Unfortunately, there are no definitive cures for this condition. Those who are struggling with muscular dystrophy have to adopt certain habits and follow medical treatment plans to impede the progress of the disease and to reduce the extent of their symptoms. Luckily, it is very much possible to live a full life with muscular dystrophy, and even continue to partake in diverse physical activities, despite the presence of the disease. This is a fact best represented in the case of Morgan Hoffman, a professional golfer.

In 2016, Hoffman (at 28 years of age) received his formal diagnosis of Facioscapulohumeral Muscular Dystrophy (FSHD). He had already been struggling with the disease in the past since 2011 when he experienced the debilitation and slow decay of his right pectoral muscle due to his condition. As many may know, golf is a sport that requires great core strength, as well as careful coordination between the upper and lower extremities, all of which are skills that those suffering from any type of muscular dystrophy will arguably have trouble with. Nevertheless, despite his diagnosis, the professional PGA Tour golfer kept his condition hidden for over a year and continued to actively participate in the tournaments and competitions, with great success.
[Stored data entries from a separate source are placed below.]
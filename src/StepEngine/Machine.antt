-- ===== src/StepEngine/Machine.antt =====
-- packages/workflow/src/engine.ts: `execute` among the tasks that it has started. Its code between
-- two awaits is one step; the other steps are those of a task that settles, of the `finally` that
-- takes it out of `inFlight`, and of the signal. Which of several settled tasks decides a race is
-- left open. The `finally` of a task is attached before any race, so it has run when the task
-- decides one.
use mathlib.Core.List.{Memᴰ}
use ai_orchestration.Prelude.{
  ℕ, String, Bool, true, false, not, ◌&&◌, ◌||◌, ◌≡◌, Option, none, some, List, [], ◌∷◌, ◌++◌,
  if◌then◌else◌, is_none, all, Thrown, ok, throw,
}
use ai_orchestration.Prelude.Dict.{Dict, lookup, insert}
use ai_orchestration.Prelude.Names.{has, add, remove}
use ai_orchestration.Value.{Value}
use ai_orchestration.Workflow.{WorkflowStep, StepResult}
use ai_orchestration.StepExpr.Tokens.{ExpressionError}
use ai_orchestration.StepExpr.Eval.{is_failed}
use ai_orchestration.StepEngine.Attempts.{Attempt, run_step}
use ai_orchestration.StepEngine.State.{
  step_completed, WorkflowResult, cancelled, EngineError, expression, Execution, Progress, initial,
  forgives,
}
use ai_orchestration.StepEngine.Pass.{
  is_empty, drop_step, go, stop, abandon, cancel_pending, compute_status, launch_all, to_launch,
  result_with, Launched,
}

-- Where the code of `execute` stands.
pub data Phase : Type 0 where
  -- At the head of the loop.
  looping : Phase
  -- At the race, of these tasks.
  awaiting : (waiters : List String) → Phase
  -- Behind the loop, for all of these tasks.
  draining : (waiters : List String) → Phase
  returned : WorkflowResult → Phase
  rejected : EngineError → Phase

pub record EngineState : Type 0 where
  pub progress : Progress
  -- How each task ended that has settled: with an error, when it was rejected.
  pub settled : Dict (Option ExpressionError)
  -- The signal, and the variable `cancelled`.
  pub aborted : Bool
  pub was_cancelled : Bool
  pub phase : Phase

unfoldable pub start_state : Execution → Bool → EngineState
unfolding initial
start_state x aborted = record {
  progress = initial x;
  settled = [];
  aborted = aborted;
  was_cancelled = aborted;
  phase = looping;
}

-- The `then` of a task, or its rejection.
unfoldable pub complete : WorkflowStep → StepResult → Progress → Progress
unfolding drop_step insert add
complete step r p = record p {
  tasks = drop_step step.id p.tasks;
  results = insert step.id r p.results;
  tainted = if is_failed r.status && not (forgives step) then add step.id p.tainted else p.tainted;
  events = p.events ++ step_completed step.id r.status ∷ [];
}

unfoldable pub settle : WorkflowStep → Thrown ExpressionError StepResult → EngineState → EngineState
unfolding drop_step complete insert
settle step (ok r) st = record st {
  progress = complete step r st.progress;
  settled = insert step.id none st.settled;
}
settle step (throw e) st = record st {
  progress = record st.progress { tasks = drop_step step.id st.progress.tasks };
  settled = insert step.id (some e) st.settled;
}

unfoldable pub retire : String → EngineState → EngineState
unfolding remove
retire id st = record st {
  progress = record st.progress { in_flight = remove id st.progress.in_flight };
}

-- `if (context.signal?.aborted) cancelled = true`
unfoldable pub resume : EngineState → EngineState
resume st = record st { was_cancelled = st.was_cancelled || st.aborted; phase = looping }

module _ (x : Execution) where
  unfoldable pub after_launch : EngineState → Launched → EngineState
  after_launch st (stop q e) = record st { progress = q; phase = rejected e }
  after_launch st (go q) = record st {
    progress = q;
    phase = if is_empty q.in_flight then looping else awaiting q.in_flight;
  }

  unfoldable pub loop_round : EngineState → EngineState
  unfolding compute_status result_with abandon to_launch launch_all after_launch
  loop_round st =
      let p = st.progress in
      if is_empty p.pending || st.was_cancelled
      then record st {
        phase =
            if st.was_cancelled
            then draining p.in_flight
            else returned
                (result_with x (compute_status x.definition p.results p.tainted) p.results);
      }
      else if is_empty (to_launch x p) && is_empty p.in_flight
      then record st { progress = abandon p.pending p }
      else after_launch st (launch_all x (to_launch x p) p)

  -- The results are those that `execute` returns.
  unfoldable pub end_cancelled : EngineState → EngineState
  unfolding cancel_pending result_with
  end_cancelled st = record st {
    phase =
        returned (result_with x cancelled (cancel_pending st.progress.pending st.progress.results));
  }

-- `execute` waits for its tasks.
abbrev pub is_suspended : Phase → Bool
is_suspended (awaiting _) = true
is_suspended (draining _) = true
is_suspended _ = false

-- It has ended.
abbrev pub is_over : Phase → Bool
is_over (returned _) = true
is_over (rejected _) = true
is_over _ = false

abbrev pub has_settled : Dict (Option ExpressionError) → String → Bool
has_settled settled id = not (is_none (lookup id settled))

pub data Step (json : Value → String) (x : Execution) : EngineState → EngineState → Type 0 where
  loops : (st : EngineState) → st.phase ≡ looping → Step json x st (loop_round x st)
  settles :
      (st : EngineState) (task : WorkflowStep) (attempts : ℕ → Attempt) (started finished : ℕ)
      (ended : Thrown ExpressionError StepResult)
      → is_suspended st.phase ≡ true
      → Memᴰ task st.progress.tasks
      → run_step json task attempts started finished ≡ some ended
      → Step json x st (settle task ended st)
  retires :
      (st : EngineState) (id : String)
      → is_suspended st.phase ≡ true
      → has_settled st.settled id ≡ true
      → has id st.progress.in_flight ≡ true
      → Step json x st (retire id st)
  resumes :
      (st : EngineState) (waiters : List String) (id : String)
      → st.phase ≡ awaiting waiters
      → has id waiters ≡ true
      → lookup id st.settled ≡ some none
      → has id st.progress.in_flight ≡ false
      → Step json x st (resume st)
  resumes_aborted :
      (st : EngineState) (waiters : List String)
      → st.phase ≡ awaiting waiters
      → st.aborted ≡ true
      → Step json x st (resume st)
  rejects :
      (st : EngineState) (waiters : List String) (id : String) (e : ExpressionError)
      → st.phase ≡ awaiting waiters
      → has id waiters ≡ true
      → lookup id st.settled ≡ some (some e)
      → has id st.progress.in_flight ≡ false
      → Step json x st (record st { phase = rejected (expression e) })
  aborts : (st : EngineState) → st.aborted ≡ false → Step json x st (record st { aborted = true })
  drains :
      (st : EngineState) (waiters : List String)
      → st.phase ≡ draining waiters
      → all (has_settled st.settled) waiters ≡ true
      → Step json x st (end_cancelled x st)

-- The states that an execution comes through.
pub data Reachable (json : Value → String) (x : Execution) : EngineState → Type 0 where
  starts : (aborted : Bool) → Reachable json x (start_state x aborted)
  steps :
      (st next : EngineState) → Reachable json x st → Step json x st next → Reachable json x next

-- The states that follow a state.
pub data Leads (json : Value → String) (x : Execution) (st : EngineState)
    : EngineState → Type 0 where
  here : Leads json x st st
  onwards :
      (middle next : EngineState)
      → Leads json x st middle
      → Step json x middle next
      → Leads json x st next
The most common type of muscular dystrophy, to date, is Duchenne muscular dystrophy, which affects only male subjects from an early age and is transmitted by their mothers. Those who suffer from this variation of muscular dystrophy seldom live past their teen years, making it one of the most deadly types of MD. FSHD, the type of MD that Hoffman is struggling with, affects mostly the muscles of the chest, face, and arms. Luckily, it rarely affects the muscles of the heart or lungs, so its prognosis is not immediately fatal. However, the weakness is just as severe as with other types of MD, which makes Hoffman’s story that much more impressive.
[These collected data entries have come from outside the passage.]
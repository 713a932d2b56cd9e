-- ===== src/StepEngine/Ids.antt =====
-- packages/workflow/src/engine.ts: lists of steps by their ids, as the sets and maps of `execute`
-- hold them.
use mathlib.Core.List.Memᴰ
use mathlib.Core.List.{Memᴰ}
use ai_orchestration.Prelude.{
  ℕ, zero, suc, String, Bool, true, false, not, ◌&&◌, ◌||◌, ◌≡◌, refl, List, [], ◌∷◌, ◌++◌, map,
  str_eq, str_eq_iff, str_eq_refl, filter, Bool-cases, inl, inr, arith,
}
pub use ai_orchestration.Prelude.Names.{Distinct}
use ai_orchestration.Prelude.Names.{has}
use ai_orchestration.Workflow.{WorkflowStep}
use ai_orchestration.StepEngine.Pass.{take, drop_step}

abbrev pub ids : List WorkflowStep → List String
ids ss = map (λ (s : WorkflowStep). s.id) ss

pub has-ids-filter :
    (p : WorkflowStep → Bool) (j : String) (ss : List WorkflowStep)
    → has j (ids ss) ≡ false
    → has j (ids (filter p ss)) ≡ false
unfolding has
has-ids-filter p j [] h = refl
has-ids-filter p j (s ∷ ss) h = ground (arith, has-ids-filter p j ss)

pub Distinct-ids-filter :
    (p : WorkflowStep → Bool) (ss : List WorkflowStep)
    → Distinct (ids ss)
    → Distinct (ids (filter p ss))
Distinct-ids-filter p [] h = tt
Distinct-ids-filter p (s ∷ ss) h = elim (Bool-cases (p s)) [
  | inl e ↦ rw e (has-ids-filter p s.id ss h.0, Distinct-ids-filter p ss h.1)
  | inr e ↦ rw e (Distinct-ids-filter p ss h.1)
]

has-ids-take :
    (n : ℕ) (j : String) (ss : List WorkflowStep)
    → has j (ids ss) ≡ false
    → has j (ids (take n ss)) ≡ false
unfolding has
has-ids-take zero j ss h = refl
has-ids-take (suc n) j [] h = refl
has-ids-take (suc n) j (s ∷ ss) h = ground (arith, has-ids-take n j ss)

pub Distinct-ids-take :
    (n : ℕ) (ss : List WorkflowStep) → Distinct (ids ss) → Distinct (ids (take n ss))
Distinct-ids-take zero ss h = tt
Distinct-ids-take (suc n) [] h = tt
Distinct-ids-take (suc n) (s ∷ ss) h = (has-ids-take n s.id ss h.0, Distinct-ids-take n ss h.1)

pub mem-take {ℓ} : {A : Type ℓ} (n : ℕ) {x : A} (xs : List A) → Memᴰ x (take n xs) → Memᴰ x xs
mem-take zero xs m = absurd (Memᴰ.not-nil m)
mem-take (suc n) [] m = absurd (Memᴰ.not-nil m)
mem-take (suc n) (y ∷ ys) (Memᴰ.head e) = Memᴰ.head e
mem-take (suc n) (y ∷ ys) (Memᴰ.tail m) = Memᴰ.tail (mem-take n ys m)

pub has-ids_mem : (s : WorkflowStep) (ss : List WorkflowStep) → Memᴰ s ss → has s.id (ids ss) ≡ true
unfolding has
has-ids_mem s [] m = absurd (Memᴰ.not-nil m)
has-ids_mem s (t ∷ ss) (Memᴰ.head e) = rw (← e, str_eq_refl s.id) refl
has-ids_mem s (t ∷ ss) (Memᴰ.tail m) = ground (arith, has-ids_mem s ss m)

pub has-drop_step :
    (i j : String) (ss : List WorkflowStep)
    → has j (ids (drop_step i ss)) ≡ (not (str_eq i j) && has j (ids ss))
unfolding has drop_step
has-drop_step i j [] = ground arith
has-drop_step i j (s ∷ ss) =
    ground (arith, has-drop_step i j ss, str_eq_iff s.id i, str_eq_iff s.id j, str_eq_iff i j)

pub has-ids_append_one :
    (j : String) (ss : List WorkflowStep) (s : WorkflowStep)
    → has j (ids (ss ++ s ∷ [])) ≡ (has j (ids ss) || str_eq s.id j)
unfolding has
has-ids_append_one j [] s = ground arith
has-ids_append_one j (t ∷ ss) s = ground (arith, has-ids_append_one j ss s)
The only known way to counteract and improve the symptoms of muscular dystrophy, in general, by adopting practices to slow down the progression of the disease. Said methods may include the use of orthopedics to assist in posture and walking, as well as attending regular physical therapy and speech therapy sessions to slow or even prevent the degeneration of the person’s capabilities. It’s worth noting that, while some forms of MD are mild, and evolve very slowly, others can be particularly troublesome, as they can affect important muscles from their onset, and progress very quickly.
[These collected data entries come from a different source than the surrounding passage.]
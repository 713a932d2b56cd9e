-- ===== src/StepEngine/Initial.antt =====
-- packages/workflow/src/engine.ts: `byId` and `pendingIds` when `execute` starts.
use ai_orchestration.Prelude.{
  String, false, ◌||◌, ◌≡◌, refl, sym, ap, ◌∙◌, List, [], ◌∷◌, map, All, str_eq, str_eq_iff,
  Bool-cases, inl, inr, arith,
}
use ai_orchestration.Prelude.Dict.{Dict, insert}
use ai_orchestration.Prelude.Names.{has}
use ai_orchestration.Workflow.{WorkflowStep}
use ai_orchestration.StepEngine.State.{Execution, initial, steps_map}
use ai_orchestration.StepEngine.Ids.{ids, Distinct}

abbrev values : Dict WorkflowStep → List WorkflowStep
values m = map (λ (entry : String × WorkflowStep). entry.1) m

-- Every step stands under its id.
abbrev Keyed : Dict WorkflowStep → Type 0
Keyed m = All (λ (entry : String × WorkflowStep). entry.0 ≡ entry.1.id) m

Keyed-insert : (s : WorkflowStep) (m : Dict WorkflowStep) → Keyed m → Keyed (insert s.id s m)
unfolding insert
Keyed-insert s [] h = (refl, tt)
Keyed-insert s ((k, w) ∷ m) h = elim (Bool-cases (str_eq k s.id)) [
  | inl e ↦ rw e ((str_eq_iff k s.id).0 e, h.1)
  | inr e ↦ rw e (h.0, Keyed-insert s m h.1)
]

has-insert :
    (j : String) (s : WorkflowStep) (m : Dict WorkflowStep)
    → Keyed m
    → has j (ids (values (insert s.id s m))) ≡ (str_eq s.id j || has j (ids (values m)))
unfolding insert has
has-insert j s [] h = ground arith
has-insert j s ((k, w) ∷ m) h =
    ground
      (arith, h.0, has-insert j s m h.1, str_eq_iff k s.id, str_eq_iff s.id j, str_eq_iff w.id j)

Distinct-insert :
    (s : WorkflowStep) (m : Dict WorkflowStep)
    → Keyed m
    → Distinct (ids (values m))
    → Distinct (ids (values (insert s.id s m)))
unfolding insert has
Distinct-insert s [] h d = (refl, tt)
Distinct-insert s ((k, w) ∷ m) h d = elim (Bool-cases (str_eq k s.id)) [
  | inl e ↦ rw e (ap (λ i. has i (ids (values m))) (sym ((str_eq_iff k s.id).0 e) ∙ h.0) ∙ d.0, d.1)
  | inr e ↦ rw e (fresh e, Distinct-insert s m h.1 d.1)
]
  where
    fresh : str_eq k s.id ≡ false → has w.id (ids (values (insert s.id s m))) ≡ false
    fresh e =
        ground
          (arith, e, d.0, h.0, has-insert w.id s m h.1, str_eq_iff s.id w.id, str_eq_iff k s.id)

steps_map-Distinct :
    (m : Dict WorkflowStep) (ss : List WorkflowStep)
    → Keyed m
    → Distinct (ids (values m))
    → Distinct (ids (values (steps_map m ss)))
unfolding steps_map
steps_map-Distinct m [] h d = d
steps_map-Distinct m (s ∷ ss) h d =
    steps_map-Distinct (insert s.id s m) ss (Keyed-insert s m h) (Distinct-insert s m h d)

has-steps_map :
    (j : String) (m : Dict WorkflowStep) (ss : List WorkflowStep)
    → Keyed m
    → has j (ids (values (steps_map m ss))) ≡ (has j (ids (values m)) || has j (ids ss))
unfolding steps_map has
has-steps_map j m [] h = ground arith
has-steps_map j m (s ∷ ss) h =
    ground (arith, has-steps_map j (insert s.id s m) ss (Keyed-insert s m h), has-insert j s m h)

module _ (x : Execution) where
  pub initial-Distinct : Distinct (ids (initial x).pending)
  unfolding initial
  initial-Distinct = steps_map-Distinct [] x.definition.steps tt tt

  -- The steps that are pending at first are those of the definition.
  pub has-initial : (j : String) → has j (ids (initial x).pending) ≡ has j (ids x.definition.steps)
  unfolding initial has
  has-initial j = has-steps_map j [] x.definition.steps tt
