-- ===== src/StepEngine/Launching.antt =====
-- packages/workflow/src/engine.ts: what the launches of one pass have in common.
use mathlib.Core.List.{Memᴰ}
use ai_orchestration.Prelude.{
  ◌-◌, String, true, false, not, ◌&&◌, ◌≡◌, refl, List, [], ◌∷◌, str_eq, str_eq_iff, all, All,
  All-of_mem, mem-filter, length, is_none, Option-cases, inl, inr, filter, ◌∙◌, Thrown, ok, throw,
  arith,
}
use ai_orchestration.Prelude.Dict.{Dict, lookup, insert, lookup-insert}
use ai_orchestration.Prelude.Names.{has}
use ai_orchestration.Workflow.{WorkflowStep, StepResult}
use ai_orchestration.StepEngine.State.{
  Execution, Progress, EngineError, Verdict, eligible, ineligible, is_eligible, deps_settled,
  dependencies, concurrency_limit,
}
use ai_orchestration.StepEngine.Pass.{
  Launched, go, stop, launch, launch_as, launch_all, to_launch, skipped_result, within,
}
use ai_orchestration.StepEngine.Ids.{
  ids, Distinct, Distinct-ids-filter, Distinct-ids-take, mem-take, has-ids_mem, has-drop_step,
}

abbrev pub launched : Launched → Progress
launched (go q) = q
launched (stop q _) = q

-- A result stays when another is recorded.
pub deps_settled-insert :
    (k : String) (r : StepResult) (results : Dict StepResult) (s : WorkflowStep)
    → deps_settled results s ≡ true
    → deps_settled (insert k r results) s ≡ true
unfolding deps_settled
deps_settled-insert k r results s h = over (dependencies s) h
  where
    over :
        (ds : List String)
        → all (λ d. not (is_none (lookup d results))) ds ≡ true
        → all (λ d. not (is_none (lookup d (insert k r results)))) ds ≡ true
    over [] h = refl
    over (d ∷ ds) h = ground (arith, over ds, lookup-insert k d r results)

-- A step that the pass may launch.
abbrev pub Ready : Progress → WorkflowStep → Type 0
Ready p s = (has s.id (ids p.pending) ≡ true) × (deps_settled p.results s ≡ true)

-- The launch of one step leaves those of other steps as they are.
Ready-launch_as :
    (s t : WorkflowStep) (p : Progress) (v : Thrown EngineError Verdict)
    → str_eq t.id s.id ≡ false
    → Ready p t
    → Ready (launched (launch_as s p v)) t
unfolding launch_as
Ready-launch_as s t p v other h = (pending v, settled v)
  where
    apart : (not (str_eq s.id t.id) && has t.id (ids p.pending)) ≡ true
    apart = ground (arith, h.0, str_eq_iff s.id t.id, str_eq_iff t.id s.id)

    pending :
        (v : Thrown EngineError Verdict)
        → has t.id (ids (launched (launch_as s p v)).pending) ≡ true
    pending (throw e) = has-drop_step s.id t.id p.pending ∙ apart
    pending (ok eligible) = has-drop_step s.id t.id p.pending ∙ apart
    pending (ok (ineligible _ _)) = has-drop_step s.id t.id p.pending ∙ apart

    settled :
        (v : Thrown EngineError Verdict)
        → deps_settled (launched (launch_as s p v)).results t ≡ true
    settled (throw e) = h.1
    settled (ok eligible) = h.1
    settled (ok (ineligible reason _)) =
        deps_settled-insert s.id (skipped_result s.id reason) p.results t h.1

pub Ready-rest :
    (s : WorkflowStep) (p : Progress) (v : Thrown EngineError Verdict) (ss : List WorkflowStep)
    → has s.id (ids ss) ≡ false
    → All (Ready p) ss
    → All (Ready (launched (launch_as s p v))) ss
unfolding has
Ready-rest s p v [] h r = tt
Ready-rest s p v (t ∷ ss) h r =
    (Ready-launch_as s t p v (ground arith) r.0, Ready-rest s p v ss (ground arith) r.1)

module _ (x : Execution) where
  -- What one launch of a ready step keeps, all launches of a pass keep.
  pub launch_all-keeps {ℓ} :
      (I : Progress → Type ℓ)
      → ((s : WorkflowStep) (p : Progress)
          → Ready p s
          → I p
          → I (launched (launch_as s p (is_eligible x p s))))
      → (ss : List WorkflowStep) (p : Progress) → Distinct (ids ss)
      → All (Ready p) ss
      → I p
      → I (launched (launch_all x ss p))
  unfolding launch_all launch
  launch_all-keeps I one [] p d r h = h
  launch_all-keeps I one (s ∷ ss) p d r h =
      onwards (launch_as s p (is_eligible x p s)) (one s p r.0 h)
        (Ready-rest s p (is_eligible x p s) ss d.0 r.1)
        (λ q i rest. launch_all-keeps I one ss q d.1 rest i)
    where
      onwards :
          (l : Launched)
          → I (launched l)
          → All (Ready (launched l)) ss
          → ((q : Progress) → I q → All (Ready q) ss → I (launched (launch_all x ss q)))
          → I (launched (elim l [ go q ↦ launch_all x ss q | stop q e ↦ stop q e ]))
      onwards (go q) i rest k = k q i rest
      onwards (stop q e) i rest k = i

  pub to_launch-mem :
      (p : Progress) (s : WorkflowStep)
      → Memᴰ s (to_launch x p)
      → Memᴰ s p.pending × (deps_settled p.results s ≡ true)
  unfolding to_launch
  to_launch-mem p s m = elim (Option-cases (concurrency_limit x)) [
    | inl e ↦ mem-filter (deps_settled p.results) p.pending (rw (e, within) at m)
    | inr (n, e) ↦ mem-filter (deps_settled p.results) p.pending (
        mem-take (n - length p.in_flight) (filter (deps_settled p.results) p.pending)
          (rw (e, within) at m))
  ]

  pub to_launch-Ready : (p : Progress) → All (Ready p) (to_launch x p)
  to_launch-Ready p = All-of_mem (Ready p) (to_launch x p) (λ s m.
      let (pending, settled) = to_launch-mem p s m in (has-ids_mem s p.pending pending, settled))

  pub to_launch-Distinct :
      (p : Progress) → Distinct (ids p.pending) → Distinct (ids (to_launch x p))
  unfolding to_launch
  to_launch-Distinct p d = elim (Option-cases (concurrency_limit x)) [
    | inl e ↦ rw (e, within) (Distinct-ids-filter (deps_settled p.results) p.pending d)
    | inr (n, e) ↦
        rw (e, within)
          (Distinct-ids-take (n - length p.in_flight) (filter (deps_settled p.results) p.pending)
            (Distinct-ids-filter (deps_settled p.results) p.pending d))
  ]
In order to cushion the impact of the disease, the person must work to strengthen the muscles unaffected by their type of muscular dystrophy, as forcing the exercise of affected structures will only cause them to produce painful cramps, and will rarely reap any significant rewards. Furthermore, if pain becomes a significant obstacle for the strengthening of any structures, in particular, non-steroidal anti-inflammatory medication will really come in handy, as it will help to stave off cramp-related pains and aching.

Furthermore, according to Catherine Alessi, MD, of the University of Connecticut, recent studies are working towards isolating the gene involved in some variations of FSHD. Specifically, discoveries made in chromosome 4, and related to the development of the disease have helped to increase our understanding of FSHD, and will hopefully lead to genetic treatments to counteract or eliminate it entirely.